Hi Wu,
Thank you very much for your assistance in testing this! I have followed
up with some testing on my own as well. These are my conclusions:
* On Windows, you will need to have the English language pack installed
for Visual Studio. For languages closely related to English, you might
get away with a non-English locale, but this is not recommended nor
supported.
* To install the English language pack, you can either use the Visual
Studio GUI using this method:
- Click on "Visual Studio Installer" in Start menu.
- Click "Modify".
- Select the tab "Language packs".
- Choose "English".
- Click "Modify".
Or you can run it on the command line. For this to work, you need to
start cmd.exe using "Run as Administrator". Then execute the following
line: (note that the " characters are essential)
"C:\Program Files (x86)\Microsoft Visual
Studio\Installer\vs_installer.exe" modify --channelId
VisualStudio.16.Release --productId
Microsoft.VisualStudio.Product.BuildTools --addProductLang en-us -p
VisualStudio.16 represent VS 2019 -- replace the version number
accordingly. If you have not installed the BuildTools, but e.g.
Professional, adjust the product ID accordingly.
* The above information needs to be added to the build readme.
* When this is all done, apparently cl.exe notices something about the
environment when run from configure, and selects the English locale.
But, to be on the safe side, we should also add VSLANG=1033 to the
environment when running cl.exe in the build system.
* When failing to parse the version number output from cl.exe, we can
check if English locale seem to be installed. If it is, there should be
a directory named "1033" in the same directory as cl.exe resides in. If
this is missing, we should print a hint about installing the English
language pack.
Do you think this sound like a good summary of the findings and what
needs to be done?
/Magnus
On 2023-11-15 11:29, 吴 国璋 wrote:
I did some test on my machine, and the results are shown below:
- If I run `bash configure` with Chinese and English language pack installed,
the command will succeed and cl.exe presents itself in English.
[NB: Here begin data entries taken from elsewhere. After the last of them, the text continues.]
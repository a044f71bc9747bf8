-- ===== src/Client.antt =====
-- The two client applications, internal/client.
pub mod DropCopy
pub mod OrderEntry
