-- ===== src/Hardware/Exception/Restored.antt =====
-- The way back from a window of the trap flag: `RestoreHardwareFlowAfterTrapWindow` and
-- `StartRegionAwareHardwareFlow` leave the thread under control where they succeed.
use vd_trace.Base.{ℕ, ◌≡◌, refl, Bool, true, false, Option, none, some, arith, ◌∷◌, []}
use vd_trace.Session.{hardware_flow, Impl}
use vd_trace.Hardware.{Context}
use vd_trace.Hardware.Exception.Controlled.{
  IsControlled, stopped, watching, stepping, rotated, apply-Holds, observe-IsControlled,
}
use vd_trace.Hardware.Exception.Settled.{Opens, filter-Opens}
use vd_trace.Runtime.{Machine}
use vd_trace.TrapWindow.{
  Activation, failed, skipped, activated, try_activate_filter_trap_session, arm_return_only_resume,
  return_only_address, start_by_activation, start_region_aware_hardware_flow, restore_by_resume,
  restore_hardware_flow_after_trap_window,
}

-- Control where the first component is true.
abbrev Controls : Bool × Impl × Context → Type 0
Controls r = r.0 ≡ true → IsControlled r.1 r.2

-- Control does not depend on the last address.
pub forget_last :
    (impl : Impl) (context : Context)
    → IsControlled impl context
    → IsControlled (record impl { last_rip_valid = false }) context
forget_last impl context (stopped r i h) = stopped r i h
forget_last impl context (watching w n h) = watching w n h
forget_last impl context (stepping w h) = stepping w h
forget_last impl context (rotated t) = rotated (record {
  waiting = t.waiting;
  no_thread = t.no_thread;
  state = t.state;
  address = t.address;
  enabled = t.enabled;
  trap = t.trap;
})

module _ (machine : Machine) where
  by_activation-Controls :
      (a : Activation) (entry : ℕ) (context : Context)
      → Opens machine a
      → Controls (start_by_activation machine a entry context)
  unfolding start_by_activation
  by_activation-Controls (failed s) entry context o h = cc
  by_activation-Controls (activated s c) entry context o h = o
  by_activation-Controls (skipped s) entry context o h =
      observe-IsControlled machine s entry context

  pub start-Controls :
      (impl : Impl) (entry : ℕ) (context : Context)
      → Controls (start_region_aware_hardware_flow machine impl entry context)
  unfolding start_region_aware_hardware_flow
  start-Controls impl entry context =
      by_activation-Controls (try_activate_filter_trap_session machine impl entry context) entry
        context (filter-Opens machine impl entry context)

  by_resume-Controls :
      (o : Option ℕ) (impl : Impl) (rip : ℕ) (context : Context)
      → Controls (restore_by_resume machine o impl rip context)
  unfolding restore_by_resume arm_return_only_resume
  by_resume-Controls none impl rip context h = start-Controls _ rip context h
  by_resume-Controls (some resume_address) impl rip context h =
      watching refl (omega arith) (apply-Holds context (resume_address ∷ 0 ∷ 0 ∷ 0 ∷ []) 1 false)

  pub restore-Controls :
      (impl : Impl) (rip : ℕ) (context : Context)
      → Controls (restore_hardware_flow_after_trap_window machine impl rip context)
  unfolding restore_hardware_flow_after_trap_window
  restore-Controls impl rip context =
      by_resume-Controls
        (return_only_address impl.call_return_stack impl.trap_suppression_stack rip)
        (record impl { backend_mode = hardware_flow }) rip context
- If I run cl.exe directly, it presents itself in Chinese, based on my Windows
language settings.
Given the above 2 facts, now we have several questions to answer, if we want to
investigate the issue further:
1. Why `bash configure` works?
I inserted a command `env` before Line 985 of `make/autoconf/toolchain.m4`, to
find out what difference does `bash configure` make. And it shows that `bash
configure` adds the following environment variables:
LANGUAGE=C
as_nl=
SHLVL=3
DUALCASE=1
LC_ALL=C
However, none of these environment variables work when I run cl.exe directly. I
don't know why `bash configure` can work, and it seems like some magic to me.
2. Does `VSLANG=1033` work?
Yes, it works. If I run `VSLANG=1033 cl` in Cygwin terminal, cl.exe will
present itself in English (language pack required). And there is a document
about VSLANG, though this document is for vcpkg, not directly for cl.exe:
https://learn.microsoft.com /vcpkg/users/config-environment
3. How to install Visual Studio language packs?
As we know, Visual Studio is called "Visual" Studio, so most of its
configurations are performed through GUI. To install the language pack:
- Click on "Visual Studio Installer" in Start menu.
- Click "Modify".
- Select the tab "Language packs".
- Choose "English".
- Click "Modify".
The command "vs_installer.exe --locale en-US" you mentioned just changes the
installer itself to English.
-----邮件原件-----
发件人: Magnus Ihse Bursie <magnus.ihse.bur...@oracle.com>
发送时间: 2023年11月14日 23:00
收件人: 吴国璋 <zcxsythe...@outlook.com>; build-dev@openjdk.org
主题: Re: Cannot configure on Windows in Chinese Environment
On 2023-11-14 15:41, Magnus Ihse Bursie wrote:
However, I'd like to have some more investigation into how cl.exe
picks the language.
Is it a hard-coded behavior that it always picks English if it is
installed? If so, it does not really make sense to have more than one
language pack installed. Or is there some way to tell cl.exe which
language to pick? Perhaps we send those signals without realizing it,
like if it happens to look at LC_ALL. If that is the case, we need to
know about this, so we don't inadvertently break it.
It seems that setting the environment variable VSLANG=1033 should do the trick. Some
reports on the Internet indicates that this perhaps needs to be coupled with a "chcp
437".
Can you please test if that works? If you try setting VSLANG=2052, does that
force cl.exe to use the Chinese locale? If it does, happens if you combine
VSLANG=2052 with chcp 437?
If we are lucky, then this will boil down to
a) instructions in the documentation to install the English language pack of
Visual Studio, and
b) adding VSLANG=1033 to the makefiles.
but I'd like to get some confirmation that VS really works like that.
I have a vague memory of a discussion about VSLANG=1033 before, that it did not
help, but maybe the core issue at that time was that the language pack was not
installed, which made VS ignore the VSLANG variable.